Saint Procop Roman Catholic Church
A Contentious Beginning and Inevitable Ending for a Historic West Side Czech Church

They were probably hoping for a better result. The Czech parishioners, that is. Especially those who were old enough to remember what had happened three decades earlier. Back in 1874, after they had completed construction of their first church, that small white wooden structure on Burton Avenue (West 41st Street) on the same grounds as this new church. First there was the incident in 1878 when the pastor, Father Koudelka, had refused to permit the burial in consecrated grounds of a young man, who had not attended mass or gone to confession regularly enough. And then there was the pastor's arrest the following year for libel and his hurried departure thereafter from the parish. Followed by the all too short stay of the kindly Father Antl. And then the acrimonious dispute with Bishop Gilmore in 1884 over the election of a new parish council. Even Father Furdek, the father of American Slavs, couldn't resolve that dispute.

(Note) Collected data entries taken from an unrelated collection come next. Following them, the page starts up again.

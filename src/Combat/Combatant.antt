-- ===== src/Combat/Combatant.antt =====
-- combat/damage.go: the data of the damage pipeline, and the interface of its hooks.
use roost_skill.Common.{
  ℕ, Bool, true, if◌then◌else◌, String, List, [], ◌∷◌, Option, none, some, ◌==◌, ◌≡◌,
}
use roost_skill.Common.Int.{ℤ, pos, ◌≤ℤ◌, ◌<ℤ◌, max64, InRange}

-- DamageTypeTrue, DamageTypePhysical, DamageTypeMagical, and every other uint16 value.
pub data DamageType : Type 0 where
  true_damage physical magical : DamageType
  unknown : ℕ → DamageType

pub record Combatant : Type 0 where
  pub alive : Bool
  pub health : ℤ
  pub max_health : ℤ
  pub shield : ℤ
  pub armor : ℤ
  pub magic_resistance : ℤ
  pub penetration : ℤ
  pub damage_dealt_bp : ℤ
  pub damage_taken_bp : ℤ
  pub critical_multiplier_bp : ℤ
  pub element_multipliers_bp : List (ℕ × ℤ)
  pub vamp_bp : ℤ
  pub damage_cap : ℤ
  pub minimum_damage : ℤ
  pub dodge : Bool
  pub parry : Bool
  pub block : Bool
  pub damage_immune : Bool
  pub spell_shield : Bool
  pub force_critical : Bool

pub record DamageInput : Type 0 where
  pub amount : ℤ
  pub damage_type : DamageType
  pub element : ℕ
  pub can_critical : Bool
  pub spell_tagged : Bool

pub record DamageOutcome : Type 0 where
  pub attempted : ℤ
  pub mitigated : ℤ
  pub absorbed : ℤ
  pub health_damage : ℤ
  pub vamp_heal : ℤ
  pub dodged : Bool
  pub parried : Bool
  pub blocked : Bool
  pub critical : Bool
  pub immune : Bool
  pub killed : Bool
  pub combat_hooks : List String
  pub result : String

-- The interface Hooks over the state `W` of the embedding world. The peeks only read it.
pub record Hooks (W : Type 0) : Type 0 where
  pub peek_spell_shield : W → Option String
  pub peek_critical_override : W → Option String
  pub peek_death_prevention : W → Option String
  pub consume_hook : String → W → W
  pub on_shield_absorbed : ℤ → W → W

-- The pointer `source`: nil, another combatant than the target, or the target itself.
pub data Source : Type 0 where
  world : Source
  other : Combatant → Source
  itself : Source

-- What `source` points to, while the target is `t`.
abbrev pub attacker : Source → Combatant → Option Combatant
attacker world t = none
attacker (other s) t = some s
attacker itself t = some t

-- A Go map read: a missing key gives 0.
unfoldable pub element_multiplier : ℕ → List (ℕ × ℤ) → ℤ
element_multiplier e [] = pos 0
element_multiplier e ((k, v) ∷ rest) = if k == e then v else element_multiplier e rest

-- A living combatant has some health, and no health exceeds its maximum.
pub record IsSound (c : Combatant) : Type 0 where
  pub health_nonneg : pos 0 ≤ℤ c.health
  pub health_le : c.health ≤ℤ c.max_health
  pub max_health_le : c.max_health ≤ℤ max64
  pub alive_pos : c.alive ≡ true → pos 0 <ℤ c.health
  pub shield_range : InRange c.shield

That was the year the Bishop closed the church, sparking violent confrontations between parishioners, church officials and local police officers, which continued on and off for much of the rest of the decade.

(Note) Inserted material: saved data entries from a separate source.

-- ===== src/Combat/Damage.antt =====
-- combat/damage.go: ResolveDamage, stage by stage in the order of the source. A stage takes and
-- returns the whole state of a run: both combatants, the world behind the hooks, the outcome so far
-- and the amount that is still to be dealt.
pub mod Stages
pub mod Pools
pub mod Outcome
pub mod Mitigation
pub mod Weights
pub mod Bounds
use roost_skill.Common.{
  Bool, true, false, ◌&&◌, ◌||◌, not, if◌then◌else◌, String, List, [], ◌∷◌, ◌++◌, Option, none,
  some,
}
use roost_skill.Common.Int.{ℤ, pos, ltb_ℤ, leb_ℤ, eqb_ℤ, sub64, div64}
use roost_skill.Combat.FixedMath.{
  basis_point_scale, saturating_add, saturating_sub, saturating_mul, scale_basis_points, min_int64,
  max_int64,
}
use roost_skill.Combat.Combatant.{
  Combatant, DamageInput, DamageOutcome, DamageType, physical, magical, true_damage, unknown, Hooks,
  Source, world, other, itself, attacker, element_multiplier,
}

pub record Run (W : Type 0) : Type 0 where
  pub target : Combatant
  pub source : Source
  pub state : W
  pub outcome : DamageOutcome
  pub amount : ℤ

abbrev pub result_hit : String
result_hit = "hit"

abbrev pub result_immune : String
result_immune = "immune"

abbrev pub result_dodged : String
result_dodged = "dodged"

abbrev pub result_blocked : String
result_blocked = "blocked"

abbrev pub result_parried : String
result_parried = "parried"

abbrev pub result_killed : String
result_killed = "killed"

-- DamageOutcome{Attempted: attempted, Result: ResultHit}
abbrev pub new_outcome : ℤ → DamageOutcome
new_outcome attempted = record {
  attempted = attempted;
  mitigated = pos 0;
  absorbed = pos 0;
  health_damage = pos 0;
  vamp_heal = pos 0;
  dodged = false;
  parried = false;
  blocked = false;
  critical = false;
  immune = false;
  killed = false;
  combat_hooks = [];
  result = result_hit;
}

-- A rate of 0 stands for its default.
abbrev pub or_default : ℤ → ℤ → ℤ
or_default d rate = if eqb_ℤ rate (pos 0) then d else rate

abbrev pub field_of : (Combatant → ℤ) → Option Combatant → ℤ
field_of f none = pos 0
field_of f (some c) = f c

unfoldable pub resistance_of : DamageType → Combatant → ℤ
resistance_of physical t = t.armor
resistance_of magical t = t.magic_resistance
resistance_of true_damage t = pos 0
resistance_of (unknown n) t = pos 0

-- Stages "damage_type" and "penetration": resistance R leaves 10000 / (10000 + 100 R).
unfoldable pub mitigate : ℤ → ℤ → ℤ → ℤ
mitigate raw_resistance penetration amount =
    let resistance = max_int64 (pos 0) (saturating_sub raw_resistance penetration) in
    if ltb_ℤ (pos 0) resistance
    then div64 (saturating_mul amount basis_point_scale)
        (saturating_add basis_point_scale (saturating_mul resistance (pos 100)))
    else amount

unfoldable pub scale_nonneg : ℤ → ℤ → ℤ
scale_nonneg amount rate = max_int64 (scale_basis_points amount rate) (pos 0)

-- Stages "element" and "modifiers".
unfoldable pub scale_rates : Option Combatant → Combatant → DamageInput → ℤ → ℤ
scale_rates source target input amount =
    scale_nonneg
      (scale_nonneg
        (scale_nonneg amount (
          or_default basis_point_scale
            (element_multiplier input.element target.element_multipliers_bp)))
        (or_default basis_point_scale (field_of (λ c. c.damage_dealt_bp) source)))
      (or_default basis_point_scale target.damage_taken_bp)

-- Stage "caps".
unfoldable pub apply_caps : Combatant → ℤ → ℤ
apply_caps target amount =
    let capped =
      if ltb_ℤ (pos 0) target.damage_cap && ltb_ℤ target.damage_cap amount
      then target.damage_cap
      else amount in
    if ltb_ℤ (pos 0) target.minimum_damage
      && ltb_ℤ (pos 0) capped
      && ltb_ℤ capped target.minimum_damage
    then target.minimum_damage
    else capped

abbrev is_forced : Option Combatant → Bool
is_forced none = false
is_forced (some c) = c.force_critical

abbrev is_some : Option String → Bool
is_some none = false
is_some (some s) = true

-- source.Health after `heal` health is drained.
abbrev pub drained : Combatant → ℤ → Combatant
drained s heal = record s { health = min_int64 s.max_health (saturating_add s.health heal) }

module _ {W : Type 0} where
  -- Stage "avoidance".
  unfoldable pub avoid : Run W → Run W
  avoid run =
      if run.target.dodge
      then record run {
        amount = pos 0;
        outcome = record o { dodged = true; result = result_dodged };
      }
      else if run.target.parry
      then record run {
        amount = pos 0;
        outcome = record o { parried = true; result = result_parried };
      }
      else if run.target.block
      then record run {
        amount = div64 run.amount (pos 2);
        outcome = record o { blocked = true; result = result_blocked };
      }
      else run
    where
      o : DamageOutcome
      o = run.outcome

  -- The stages from "damage_type" to "modifiers": only the amount and its record change.
  unfoldable pub weigh : DamageInput → Run W → Run W
  unfolding mitigate scale_rates
  weigh input run =
      let mitigated =
        mitigate (resistance_of input.damage_type run.target)
          (field_of (λ c. c.penetration) (attacker run.source run.target)) run.amount in
      record run {
        amount = scale_rates (attacker run.source run.target) run.target input mitigated;
        outcome = record o { mitigated = mitigated };
      }
    where
      o : DamageOutcome
      o = run.outcome

  abbrev peek_override : Option (Hooks W) → W → Option String
  peek_override none w = none
  peek_override (some h) w = h.peek_critical_override w

  -- Consumes a hook and notes it in the outcome.
  abbrev pub used : Option (Hooks W) → Option String → Run W → Run W
  used (some h) (some hook) run = record run {
    state = h.consume_hook hook run.state;
    outcome = record run.outcome { combat_hooks = run.outcome.combat_hooks ++ hook ∷ [] };
  }
  used (some h) none run = run
  used none hook run = run

  -- Stage "critical".
  unfoldable pub strike_critical : DamageInput → Option (Hooks W) → Run W → Run W
  strike_critical input hooks run =
      if input.can_critical && (is_forced source || is_some override)
      then used hooks override (record run {
        amount =
            scale_nonneg run.amount
              (or_default (pos 15000) (field_of (λ c. c.critical_multiplier_bp) source));
        outcome = record o { critical = true };
      })
      else run
    where
      o : DamageOutcome
      o = run.outcome

      source : Option Combatant
      source = attacker run.source run.target

      override : Option String
      override = peek_override hooks run.state

  abbrev notify_absorbed : Option (Hooks W) → ℤ → W → W
  notify_absorbed none absorbed w = w
  notify_absorbed (some h) absorbed w =
      if ltb_ℤ (pos 0) absorbed then h.on_shield_absorbed absorbed w else w

  -- Stage "shield".
  unfoldable pub absorb : Option (Hooks W) → Run W → Run W
  absorb hooks run =
      let absorbed = min_int64 (max_int64 run.target.shield (pos 0)) run.amount in
      record run {
        target = record t { shield = sub64 run.target.shield absorbed };
        state = notify_absorbed hooks absorbed run.state;
        outcome = record o { absorbed = absorbed };
        amount = sub64 run.amount absorbed;
      }
    where
      t : Combatant
      t = run.target

      o : DamageOutcome
      o = run.outcome

  abbrev peek_prevention : Option (Hooks W) → W → Option String
  peek_prevention none w = none
  peek_prevention (some h) w = h.peek_death_prevention w

  abbrev pinned : Option (Hooks W) → Option String → Run W → Run W
  pinned hooks none run = run
  pinned hooks (some hook) run =
      let run' = used hooks (some hook) run in
      record run {
        amount = max_int64 (pos 0) (sub64 run.target.health (pos 1));
        state = run'.state;
        outcome = record run.outcome { combat_hooks = run'.outcome.combat_hooks; result = hook };
      }

  -- The death prevention of stage "health".
  unfoldable pub prevent_death : Option (Hooks W) → Run W → Run W
  prevent_death hooks run =
      if leb_ℤ run.target.health run.amount && ltb_ℤ (pos 0) run.target.health
      then pinned hooks (peek_prevention hooks run.state) run
      else run

  -- The writes of stage "health", for a computed damage and the health that it leaves.
  unfoldable pub hurt_by : ℤ → ℤ → Run W → Run W
  hurt_by damage health run =
      if eqb_ℤ health (pos 0) && ltb_ℤ (pos 0) damage
      then record run {
        target = record t { health = health; alive = false };
        outcome = record o { health_damage = damage; killed = true; result = result_killed };
      }
      else record run {
        target = record t { health = health };
        outcome = record o { health_damage = damage };
      }
    where
      t : Combatant
      t = run.target

      o : DamageOutcome
      o = run.outcome

  -- Stage "health": the damage, and death at exactly zero health.
  unfoldable pub hurt : Run W → Run W
  hurt run =
      let damage = min_int64 run.target.health run.amount in
      hurt_by damage (sub64 run.target.health damage) run

  abbrev drain_to : Source → ℤ → Run W → Run W
  drain_to world heal run = run
  drain_to (other s) heal run = record run { source = other (drained s heal) }
  drain_to itself heal run = record run { target = drained run.target heal }

  -- Stage "aftermath": vamp, through the pointer to the source.
  unfoldable pub drain : Run W → Run W
  drain run =
      let vamp = field_of (λ c. c.vamp_bp) (attacker run.source run.target) in
      let heal = scale_basis_points run.outcome.health_damage vamp in
      if ltb_ℤ (pos 0) vamp && ltb_ℤ (pos 0) run.outcome.health_damage
      then drain_to run.source heal (record run { outcome = record o { vamp_heal = heal } })
      else run
    where
      o : DamageOutcome
      o = run.outcome

  abbrev cap : Run W → Run W
  cap run = record run { amount = apply_caps run.target run.amount }

  -- The stages behind the interceptions.
  unfoldable pub deal : DamageInput → Option (Hooks W) → Run W → Run W
  unfolding avoid weigh strike_critical apply_caps absorb prevent_death hurt hurt_by drain
  deal input hooks run = drain (
      hurt (
        prevent_death hooks
          (absorb hooks (cap (strike_critical input hooks (weigh input (avoid run)))))))

  -- The interception of a spell-tagged instance by a hook of the target.
  abbrev shielding_hook : DamageInput → Option (Hooks W) → W → Option String
  shielding_hook input none w = none
  shielding_hook input (some h) w = if input.spell_tagged then h.peek_spell_shield w else none

  abbrev pub start : Source → Combatant → DamageInput → W → Run W
  start source target input w = record {
    target = target;
    source = source;
    state = w;
    outcome = new_outcome (max_int64 input.amount (pos 0));
    amount = max_int64 input.amount (pos 0);
  }

  abbrev immune_run : String → Run W → Run W
  immune_run result run = record run {
    outcome = record run.outcome { immune = true; result = result };
  }

  abbrev intercepted : Option (Hooks W) → String → Run W → Run W
  intercepted hooks hook run = used hooks (some hook) (immune_run hook run)

  -- Stage "immunity" of the target's own flags.
  unfoldable pub face : DamageInput → Option (Hooks W) → Run W → Run W
  face input hooks run =
      if run.target.damage_immune || run.target.spell_shield
      then immune_run result_immune (record run { target = record t { spell_shield = false } })
      else deal input hooks run
    where
      t : Combatant
      t = run.target

  unfoldable pub resolve : DamageInput → Option (Hooks W) → Run W → Run W
  unfolding face
  resolve input hooks run = elim (shielding_hook input hooks run.state) [
    | none ↦ face input hooks run
    | some hook ↦ intercepted hooks hook run
  ]

  -- `none` is the return with ok=false, which changes nothing.
  unfoldable pub resolve_damage :
      Source → Option Combatant → DamageInput → Option (Hooks W) → W → Option (Run W)
  unfolding resolve
  resolve_damage source none input hooks w = none
  resolve_damage source (some target) input hooks w =
      if not target.alive then none else some (resolve input hooks (start source target input w))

But that, they must have thought, was then and this, of course, now. The year 1903 — an entirely different time, an entirely new century, and now an entirely new and beautiful church. It had been designed by Godfrey Fugman and Emile Ulhrich, respected Cleveland architects. Ulhrich, who would design many other beautiful churches in Cleveland over the next several decades, including St. Elizabeth of Hungary on Buckeye Road, was an immigrant from France. He designed the new St. Procop church to resemble Montmartre's Basilica of the Sacre-Coeur in Paris.
The new St. Procop church, like the church it resembled, was built in Byzantine-Romanesque style. Its exterior facade was constructed of buff pressed brick with Berea Blue Stone trimmings. It had twin bell towers with unusual octagonal cupolas that flanked the entrance. Behind those towers was an impressive dome made of steel and glass. The building was 144 feet long and 88 feet wide at its transepts. The interior of the church was equally beautiful. It was the first church in Cleveland designed with a free-standing ceiling, with no columns to obstruct the view of the congregation. It featured an assortment of frescoes, stained glass windows and statues, including one of the Infant Jesus of Prague and another of the Virgin of Svata Hora ("Holy Mountain"). The interior lit dome was viewed by many as particularly striking.
But those parishioners who had hoped that dedication of the new church in 1903 would usher in a new era of community and not controversy, must have soon been shaking their heads. The following April, a burglar broke into the church and blew up the safe behind the altar. Six months later, a worker painting the interior domed ceiling fell from the scaffolding and plunged to his death. And just months after that, a mysterious fire broke out in the church's boiler room. But that was mostly it. As the years passed, controversy seemed to depart from the new church and it settled down to become a place where people simply came to worship, to exchange their marriage vows, to baptize their children, and sometimes to say final good-byes to their dead.
It was not controversy, but numbers which finally ended the church's existence. Since the 1930s, Cleveland's Czech population, had been declining — in part due to the federal government's decision in the 1920s to all but ban immigration from Eastern Europe, and in part due to the migration of Czechs, like Cleveland's other white ethnic groups, to the suburbs. At its peak in the 1930s and 1940s, St. Procop was where over 1000 neighborhood families worshiped. By 1960, that number was down to less than 600. And, as if to provide physical proof of that decline, church officials were forced in 1962 to remove the beautiful twin towers and the exterior dome due to years of deterioration that the parish could not afford to repair. By 2007, despite efforts to convert the historic ethnic church into a regional church, the number of families in the parish had dropped to just 200.
In 2009, Bishop Richard Lennon announced the closing of St. Procop, as well as a number of other Cleveland area Catholic churches. A final mass held in the church on August 30, 2009, was attended by Bishop Lennon, former church pastors, parishioners, and protesters who were holding signs, including one that read, "Keep Our Church Open."